In a March 2013 Lambda Literary Foundation interview, Darnell L. Moore wrote, “L. Lamar Wilson is one those great writer-friends who is, as he notes, ‘prone to arrogant behavior’: a black-queer-(dis)abled-praying poet whose personhood might be rendered illegible in a world often organized around whiteness, heterosexuality, and able-bodied privilege. It seems logical, then, that arrogance is used to counteract processes of invisibility. And what better way to animate oneself and one’s imagined world than through the word, through poetry.”
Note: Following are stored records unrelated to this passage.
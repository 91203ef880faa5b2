-- ===== src/Cpu/Run/Loop.antt =====
-- `vcpu_run` as a relation, and a guest that it runs for ever.
use masters_proj.Prelude.{
  ℕ, zero, suc, ◌+◌, ◌*◌, ◌/◌, ◌%◌, ◌≡◌, ◌≢◌, refl, ◌↔◌, true, arith, ap, sym, ◌∙◌, subst, some,
  none, bit_and, ◌==◌, ne→==-false,
}
use native.Mathlib.Decide.{ℕ_discrete}
use mathlib.Core.Option.{some-injective}
use masters_proj.Prelude.Bits.{bit_and-low, bit_and-high}
use masters_proj.Cpu.State.{mov_cr, exit_reason, exit_qualification, rvmcs}
use masters_proj.Cpu.Emu.{emu_mov_cr}
use masters_proj.Cpu.Syscall.{Env, Machine}
use masters_proj.Cpu.Run.{handle_exit, enter_guest, vcpu_step, vcpu_run}

-- A run from one state to the state in which the loop ends.
pub data Runs (env : Env) : Machine env → Machine env → Type 0 where
  last : (s : Machine env) → (vcpu_step env s).0 ≢ 0 → Runs env s (vcpu_step env s).1
  next :
      (s s' : Machine env)
      → (vcpu_step env s).0 ≡ 0
      → Runs env (vcpu_step env s).1 s'
      → Runs env s s'

module _ (env : Env) where
  pub run_last :
      (n : ℕ) (s : Machine env)
      → (vcpu_step env s).0 ≢ 0
      → vcpu_run env (suc n) s ≡ some (vcpu_step env s).1
  unfolding vcpu_run
  run_last n s ne = rw (ne→==-false _ 0 ne) refl

  pub run_next :
      (n : ℕ) (s : Machine env)
      → (vcpu_step env s).0 ≡ 0
      → vcpu_run env (suc n) s ≡ vcpu_run env n (vcpu_step env s).1
  unfolding vcpu_run
  run_next n s e = let t : ((vcpu_step env s).0 == 0) ≡ true = ground arith in rw t refl

  Runs-vcpu_run : (n : ℕ) (s s' : Machine env) → vcpu_run env n s ≡ some s' → Runs env s s'
  unfolding vcpu_run
  Runs-vcpu_run zero s s' h = cc
  Runs-vcpu_run (suc n) s s' h = elim (ℕ_discrete (vcpu_step env s).0 0) [
    | yes e ↦ next s s' e (Runs-vcpu_run n _ s' (sym (run_next n s e) ∙ h))
    | no ne ↦ subst (Runs env s) (some-injective _ _ (sym (run_last n s ne) ∙ h)) (last s ne)
  ]

  vcpu_run-Runs : (s s' : Machine env) → Runs env s s' → (n : ℕ) × (vcpu_run env n s ≡ some s')
  vcpu_run-Runs s s' (last _ ne) = (1, run_last 0 s ne)
  vcpu_run-Runs s s' (next _ _ e r) =
      let (n, h) = vcpu_run-Runs _ s' r in (suc n, run_next n s e ∙ h)

  -- The loop with some fuel ends in the state `s'` exactly if a finite chain of iterations leads
  -- there, each but the last with `stop` 0.
  pub vcpu_run_iff : (s s' : Machine env) → ((n : ℕ) × (vcpu_run env n s ≡ some s')) ↔ Runs env s s'
  vcpu_run_iff s s' = (λ h. Runs-vcpu_run h.0 s s' h.1, vcpu_run-Runs s s')

  -- A run that is done with some fuel ends in the same state with more.
  pub vcpu_run-more :
      (n k : ℕ) (s s' : Machine env) → vcpu_run env n s ≡ some s' → vcpu_run env (n + k) s ≡ some s'
  unfolding vcpu_run
  vcpu_run-more zero k s s' h = cc
  vcpu_run-more (suc n) k s s' h =
      let count : suc n + k ≡ suc (n + k) = omega arith in
      rw count (elim (ℕ_discrete (vcpu_step env s).0 0) [
        | yes e ↦ run_next (n + k) s e ∙ vcpu_run-more n k _ s' (sym (run_next n s e) ∙ h)
        | no ne ↦ run_last (n + k) s ne ∙ sym (run_last n s ne) ∙ h
      ])

  mov_cr-other :
      (s : Machine env)
      → rvmcs env.hv 0 s.cpu exit_qualification % 256 ≢ 0
      → handle_exit env mov_cr s ≡ (0, s)
  unfolding handle_exit emu_mov_cr
  mov_cr-other s ne =
      let q = rvmcs env.hv 0 s.cpu exit_qualification in
      let lo : bit_and q 15 ≡ q % 16 = bit_and-low 4 q in
      let hi : bit_and q 240 ≡ q / 16 % 16 * 16 =
        bit_and-high 4 q 15 ∙ ap (λ x. x * 16) (bit_and-low 4 (q / 16)) in
      elim (ℕ_discrete (bit_and q 15) 0) [
        | no n ↦ rw (ne→==-false _ 0 n) refl
        | yes e ↦
            let t : (bit_and q 15 == 0) ≡ true = ground arith in
            let f : bit_and q 240 ≢ 0 = λ z. ne (omega arith) in rw (t, ne→==-false _ 0 f) refl
      ]

  step-mov_cr :
      (s : Machine env)
      → enter_guest env s ≡ (true, s)
      → env.hv.reason_of (rvmcs env.hv 0 s.cpu exit_reason) ≡ mov_cr
      → rvmcs env.hv 0 s.cpu exit_qualification % 256 ≢ 0
      → vcpu_step env s ≡ (0, s)
  unfolding vcpu_step
  step-mov_cr s enter reason ne = rw (enter, reason) (mov_cr-other s ne)

  -- Only a move to CR0 is emulated. A guest that stands at another access to a control register,
  -- and exits there with its state unchanged when it is entered, is never done: the handler neither
  -- stops the loop nor moves RIP on, so that no number of iterations ends the run.
  pub vcpu_run-stuck :
      (s : Machine env)
      → enter_guest env s ≡ (true, s)
      → env.hv.reason_of (rvmcs env.hv 0 s.cpu exit_reason) ≡ mov_cr
      → rvmcs env.hv 0 s.cpu exit_qualification % 256 ≢ 0
      → (n : ℕ) → vcpu_run env n s ≡ none
  unfolding vcpu_run
  vcpu_run-stuck s enter reason ne zero = refl
  vcpu_run-stuck s enter reason ne (suc n) =
      let step = step-mov_cr s enter reason ne in
      run_next n s (ap (λ r. r.0) step)
      ∙ ap (λ r. vcpu_run env n r.1) step
      ∙ vcpu_run-stuck s enter reason ne n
In discussing “Sacrilegion,” Wilson says, “The specter of HIV/AIDS has haunted me most of my life. As a child, I watched it destroy loved ones and watched others’ humanity be destroyed by their fear and loathing of what they didn’t understand. And in this nation that is insistent upon policing black male flesh—of making black men guilty until proven innocent of a crime—we have legalized ignorance and fear of those men who choose to experience eros with other men and keep those choices private. As much as we want to say that this ‘Know Your Status’ campaign is an epistemology of empowerment, it is equally a ‘Prove Your Innocence’ campaign.”
Wilson adds, “As current laws in many states stand, those living with this virus and its illnesses are in peril of being found guilty of attempted murder at any moment someone says ‘S/he didn’t tell me.’ Emerging in a twenty-first-century moment that is so steeped in the rhetoric of hope around this virus, ‘Sacrilegion’ aims to articulate how it feels to contend with the cruel optimism one deemed a potential criminal knows intimately. It is my hope that my work forces us to face our fears of HIV/AIDS. Life has brought me intimately close to facing my own, and I hope ‘Sacrilegion’ gives readers their own sublime experience in the mirror.”
In 2014 and 2017, Wilson adapted “Sacrilegion” into musical productions for Reading Queer, a Miami-based organization for LGBTQIA artists, and Mickee Faust, a Tallahassee-based troupe that welcomes those living with disabilities. He is completing his doctorate in African American and multiethnic poetics at The University of North Carolina-Chapel Hill, and two manuscripts—a poetry-based hybrid text centering Black joy in the era of Trump and a collection of scholarly essays rehistoricizing Black protest through the voices of black mothers and orphans across four centuries.
Wilson lives in Birmingham, Alabama, and teaches at the nearby University of Alabama.
We thank L. Lamar Wilson for his numerous contributions to the written word, and for his support of our community.